Pilot Study of Pancreatic Cancer Screening

Recruiting

• Conditions: Pancreatic Carcinoma
• Interventions: Procedure: Biospecimen Collection; Procedure: Magnetic Resonance Cholangiopancreatography; Procedure: Magnetic Resonance Imaging; Procedure: Endoscopic ultrasound; Other: Questionnaires

• Registration Number: NCT05058846
• Lead Sponsor: University of California, San Francisco

Brief Summary

This study investigates how often abnormal findings from routine magnetic resonance imaging occur in people with genetic mutations in BReast CAncer gene. (BRCA), ataxia telangiectasia mutated gene (ATM), or PALB2 screened for pancreatic cancer.
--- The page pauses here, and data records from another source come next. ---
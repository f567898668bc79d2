-- ===== src/System/Sealed.antt =====
-- rewriteIPv4TCP as a whole: the packet that it leaves, and its checksums.
use mathlib.Core.Path.{subst}
use sing_tun.Base.{
  ℕ, ◌+◌, ◌/◌, ◌%◌, ◌^◌, ◌≤◌, ◌<◌, ◌≡◌, ◌↔◌, refl, ap, ◌∙◌, sym, Bool, true, false, Option, some,
  List, [], ◌∷◌, length, drop, arith, All,
}
use sing_tun.Base.Bytes.{window, number, bytes32, get32, some_same}
use sing_tun.Checksum.Ones.{canon, word_sum}
use sing_tun.Checksum.Words.{IsByte}
use sing_tun.Checksum.Header.{checksum, pseudo_header_checksum}
use sing_tun.Checksum.Header.Update.{fold_in, pseudo_header_checksum_lem}
use sing_tun.Header.{ip_version, source_addr, destination_addr, tcp_checksum}
use sing_tun.Header.Fields.{get16_total, get32_total, number-bytes32, bytes32-number, length-window}
use sing_tun.Header.Update.{window-IsByte}
use sing_tun.System.{Packet, rewrite_ipv4_tcp}
use sing_tun.System.Rewrite.{
  Whole, HeaderStep, SegmentStep, rewrite_source_lem, rewrite_destination_lem,
}
use sing_tun.System.Ports.{IsPort, port_bytes, SegmentStep-trans, Resealed, rewrite_ports_lem}

-- The header's checksum is right, and that of the segment with its pseudo header.
abbrev pub HeaderValid : Packet → Type 0
HeaderValid p = checksum false 0 p.header 0 ≡ 65535

abbrev pub SegmentValid : Packet → Type 0
SegmentValid p =
    checksum false 0 p.payload
      (pseudo_header_checksum 6 (window p.header 12 4) (window p.header 16 4) (length p.payload))
    ≡ 65535

-- A TCP packet in a valid IPv4 packet: its headers are there.
pub record IsTcpPacket (p : Packet) : Type 0 where
  pub whole : Whole p
  pub version : ip_version p.header ≡ some 4
  pub small : length p.payload < 2 ^ 16

-- `q` is `p` with other addresses and ports: all else is the same, and valid checksums stay valid.
pub record Readdressed (p : Packet) (offload : Bool) (src dst : ℕ) (sport dport : Option ℕ)
    (q : Packet) : Type 0 where
  pub is_tcp : IsTcpPacket q
  pub source : source_addr q.header ≡ some src
  pub destination : destination_addr q.header ≡ some dst
  pub source_port : window q.payload 0 2 ≡ port_bytes sport (window p.payload 0 2)
  pub destination_port : window q.payload 2 2 ≡ port_bytes dport (window p.payload 2 2)
  pub front : window q.header 0 10 ≡ window p.header 0 10
  pub options : drop 20 q.header ≡ drop 20 p.header
  pub middle : window q.payload 4 12 ≡ window p.payload 4 12
  pub behind : drop 18 q.payload ≡ drop 18 p.payload
  pub trailer : q.trailer ≡ p.trailer
  pub header_valid : HeaderValid p → HeaderValid q
  pub segment_valid : offload ≡ false → SegmentValid p → SegmentValid q
  pub cleared : offload ≡ true → tcp_checksum q.payload ≡ some 0

pub canon_valid : (n : ℕ) → (canon n ≡ 65535) ↔ ((0 < n) × (n % 65535 ≡ 0))
unfolding canon
canon_valid n = ground arith

canon_zero : 0 ≡ canon 0
unfolding canon
canon_zero = refl

pub header_sum :
    (p : Packet)
    → All IsByte p.header
    → checksum false 0 p.header 0 ≡ canon (0 + word_sum false p.header)
header_sum p hb = fold_in p.header 0 0 hb canon_zero

pub segment_total : Packet → ℕ
segment_total p =
    word_sum false (window p.header 12 4)
    + word_sum false (window p.header 16 4)
    + length p.payload
    + 6
    + word_sum false p.payload

segment_sum :
    (p : Packet)
    → Whole p
    → length p.payload < 2 ^ 16
    → checksum false 0 p.payload
        (pseudo_header_checksum 6 (window p.header 12 4) (window p.header 16 4) (length p.payload))
      ≡ canon (segment_total p)
unfolding segment_total
segment_sum p v small = fold_in p.payload _ _ v.payload_bytes (
    pseudo_header_checksum_lem 6 (window p.header 12 4) (window p.header 16 4) (length p.payload)
      (omega arith) (window-IsByte p.header 12 4 v.header_bytes)
      (window-IsByte p.header 16 4 v.header_bytes) small)

abbrev first : List ℕ → ℕ
first [] = 0
first (x ∷ b) = x

-- A header of version 4 has a nonzero first byte, and so has what shares its front.
front_positive :
    (h r : List ℕ)
    → ip_version h ≡ some 4
    → window r 0 10 ≡ window h 0 10
    → (0 < word_sum false r) × (ip_version r ≡ some 4)
unfolding word_sum ip_version
front_positive [] r v e = cc
front_positive (x ∷ h) [] v e = cc
front_positive (x ∷ h) (y ∷ r) v e =
    let same : y ≡ x = ap first e in
    let four : x / 16 ≡ 4 = some_same _ _ v in
    (omega (arith, same, four), ap some (omega (arith, same, four)))

pub address_eq :
    (h : List ℕ) (at a : ℕ)
    → at + 4 ≤ length h
    → a < 2 ^ 32
    → window h at 4 ≡ bytes32 a
    → get32 h at ≡ some a
address_eq h at a room ha e =
    get32_total h at room ∙ ap some (ap (number 0) e ∙ number-bytes32 a ha)

-- What the steps on header and segment give.
readdressed :
    (p : Packet) (offload : Bool) (src dst : ℕ) (sport dport : Option ℕ) (q : Packet)
    → IsTcpPacket p
    → src < 2 ^ 32
    → dst < 2 ^ 32
    → HeaderStep p.header (bytes32 src) (bytes32 dst) q.header
    → SegmentStep p.payload
        (port_bytes sport (window p.payload 0 2))
        (port_bytes dport (window p.payload 2 2))
        q.payload
    → q.trailer ≡ p.trailer
    → (offload ≡ false
        → (word_sum false q.payload + word_sum false (bytes32 src) + word_sum false (bytes32 dst))
            % 65535
          ≡ (word_sum false p.payload
              + word_sum false (window p.header 12 4)
              + word_sum false (window p.header 16 4))
            % 65535)
    → (offload ≡ true → window q.payload 16 2 ≡ 0 ∷ 0 ∷ [])
    → Readdressed p offload src dst sport dport q
unfolding source_addr destination_addr tcp_checksum segment_total
readdressed p offload src dst sport dport q t hs hd h s trailer sum clear =
    let v = t.whole in
    let len = h.same_length in
    let fp = front_positive p.header q.header t.version h.front in
    let vq : Whole q = record {
      header_bytes = h.all_bytes;
      payload_bytes = s.all_bytes;
      header_room = omega (arith, len, v.header_room);
      payload_room = omega (arith, s.same_length, v.payload_room);
    } in
    let small : length q.payload < 2 ^ 16 = omega (arith, s.same_length, t.small) in
    record {
      is_tcp = record { whole = vq; version = fp.1; small = small };
      source = address_eq q.header 12 src (omega (arith, vq.header_room)) hs h.src_eq;
      destination = address_eq q.header 16 dst vq.header_room hd h.dst_eq;
      source_port = s.sport_eq;
      destination_port = s.dport_eq;
      front = h.front;
      options = h.options;
      middle = s.middle;
      behind = s.behind;
      trailer = trailer;
      header_valid = λ valid.
          let was = (canon_valid _).0 (sym (header_sum p v.header_bytes) ∙ valid) in
          header_sum q vq.header_bytes
          ∙ (canon_valid _).1 (omega (arith, fp.0), omega (arith, was.1, h.sum));
      segment_valid = λ e valid.
          let was = (canon_valid _).0 (sym (segment_sum p v t.small) ∙ valid) in
          segment_sum q vq small
          ∙ (canon_valid _).1 (
            omega arith,
            omega (
              arith,
              was.1,
              sum e,
              s.same_length,
              ap (word_sum false) h.src_eq,
              ap (word_sum false) h.dst_eq,
            ),
          );
      cleared = λ e. get16_total q.payload 16 vq.payload_room ∙ ap some (ap (number 0) (clear e));
    }

-- rewriteIPv4TCP does not panic on a packet with its headers, and leaves the packet with the given
-- addresses and ports and everything else as it was, its checksums as valid as they were; with
-- checksum offload the segment's checksum is cleared for the device.
pub rewrite_ipv4_tcp_lem :
    (p : Packet) (offload : Bool) (src : ℕ) (sport : Option ℕ) (dst : ℕ) (dport : Option ℕ)
    → IsTcpPacket p
    → src < 2 ^ 32
    → dst < 2 ^ 32
    → IsPort sport
    → IsPort dport
    → (q : Packet) × (rewrite_ipv4_tcp p offload src sport dst dport ≡ some q)
      × Readdressed p offload src dst sport dport q
unfolding rewrite_ipv4_tcp source_addr destination_addr tcp_checksum
rewrite_ipv4_tcp_lem p offload src sport dst dport t hs hd ps pd =
    let v = t.whole in
    let old_source = number 0 (window p.header 12 4) in
    let old_destination = number 0 (window p.header 16 4) in
    let same_source =
      bytes32-number (window p.header 12 4)
        (length-window p.header 12 4 (omega (arith, v.header_room)))
        (window-IsByte p.header 12 4 v.header_bytes) in
    let same_destination =
      bytes32-number (window p.header 16 4) (length-window p.header 16 4 v.header_room)
        (window-IsByte p.header 16 4 v.header_bytes) in
    let (p1, e1, a1) = rewrite_source_lem p offload old_source src v same_source in
    let v1 : Whole p1 = record {
      header_bytes = a1.header.all_bytes;
      payload_bytes = a1.segment.all_bytes;
      header_room = omega (arith, a1.header.same_length, v.header_room);
      payload_room = omega (arith, a1.segment.same_length, v.payload_room);
    } in
    let (p2, e2, a2) =
      rewrite_destination_lem p1 offload old_destination dst v1
        (same_destination ∙ sym a1.header.dst_eq) in
    let header : HeaderStep p.header (bytes32 src) (bytes32 dst) p2.header = record {
      same_length = a2.header.same_length ∙ a1.header.same_length;
      all_bytes = a2.header.all_bytes;
      front = a2.header.front ∙ a1.header.front;
      options = a2.header.options ∙ a1.header.options;
      src_eq = a2.header.src_eq ∙ a1.header.src_eq;
      dst_eq = a2.header.dst_eq;
      sum = a2.header.sum ∙ a1.header.sum;
    } in
    let room2 : 18 ≤ length p2.payload = omega (arith, a2.segment.same_length, v1.payload_room) in
    let (tcp, e3, s, sealed) =
      rewrite_ports_lem p2.payload offload sport dport room2 ps pd a2.segment.all_bytes in
    let q = record p2 { payload = tcp } in
    let a12 = SegmentStep-trans a1.segment a2.segment a1.segment.sport_eq a1.segment.dport_eq in
    let kept =
      SegmentStep-trans a12 s (ap (port_bytes sport) a12.sport_eq)
        (ap (port_bytes dport) a12.dport_eq) in
    (
      q,
      rw
          (
            get32_total p.header 12 (omega (arith, v.header_room)),
            get32_total p.header 16 v.header_room,
            e1,
            e2,
            e3,
          )
          refl,
      readdressed p offload src dst sport dport q t hs hd header kept (a2.trailer ∙ a1.trailer)
          (λ e.
            let s3 = subst (λ (o : Bool). Resealed o p2.payload tcp) e sealed in
            omega (
              arith,
              a1.sum e,
              a2.sum e,
              s3,
              ap (word_sum false) same_source,
              ap (word_sum false) same_destination,
            ))
          (λ e. subst (λ (o : Bool). Resealed o p2.payload tcp) e sealed),
    )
This study may lead to a greater understanding of cancer and potentially, improvements in cancer screening and treatment.

Detailed Description

PRIMARY OBJECTIVE:

I. To determine the event rate of abnormal magnetic resonance imaging (MRI) and Endoscopic ultrasound (EUS) findings in screened study participants.

SECONDARY OBJECTIVES:

I. To determine the rates of high-grade pancreatic neoplasia precursors (intraductal papillary mucinous neoplasm (IPMN)-high-grade dysplasia (HGD)) and pancreatic intraepithelial neoplasia-3 \[PanIN-3\]) and pancreatic ductal adenocarcinoma (PDAC) among all study participants.

II. To understand rates of procedures (biopsies and surgeries) among all study participants.

EXPLORATORY OBJECTIVES:

I. To create a biorepository of all participants through the collection of saliva, blood, and tissue, combined with imaging findings and robust clinical annotation of patient health behaviors in all study participants.

II. To explore knowledge, attitudes, and anxiety related to pancreatic cancer screening at annual intervals in all study participants.

OUTLINE: Participants are assigned to 1 of 2 groups.

GROUP I: GROUP I: Participants may opt to undergo MRI/magnetic resonance cholangiopancreatography (MRCP) or alternating MRI/MRCP and EUS annually for 10 years or complete questionnaires over 10 minutes and undergo blood, saliva and tissue sample collection.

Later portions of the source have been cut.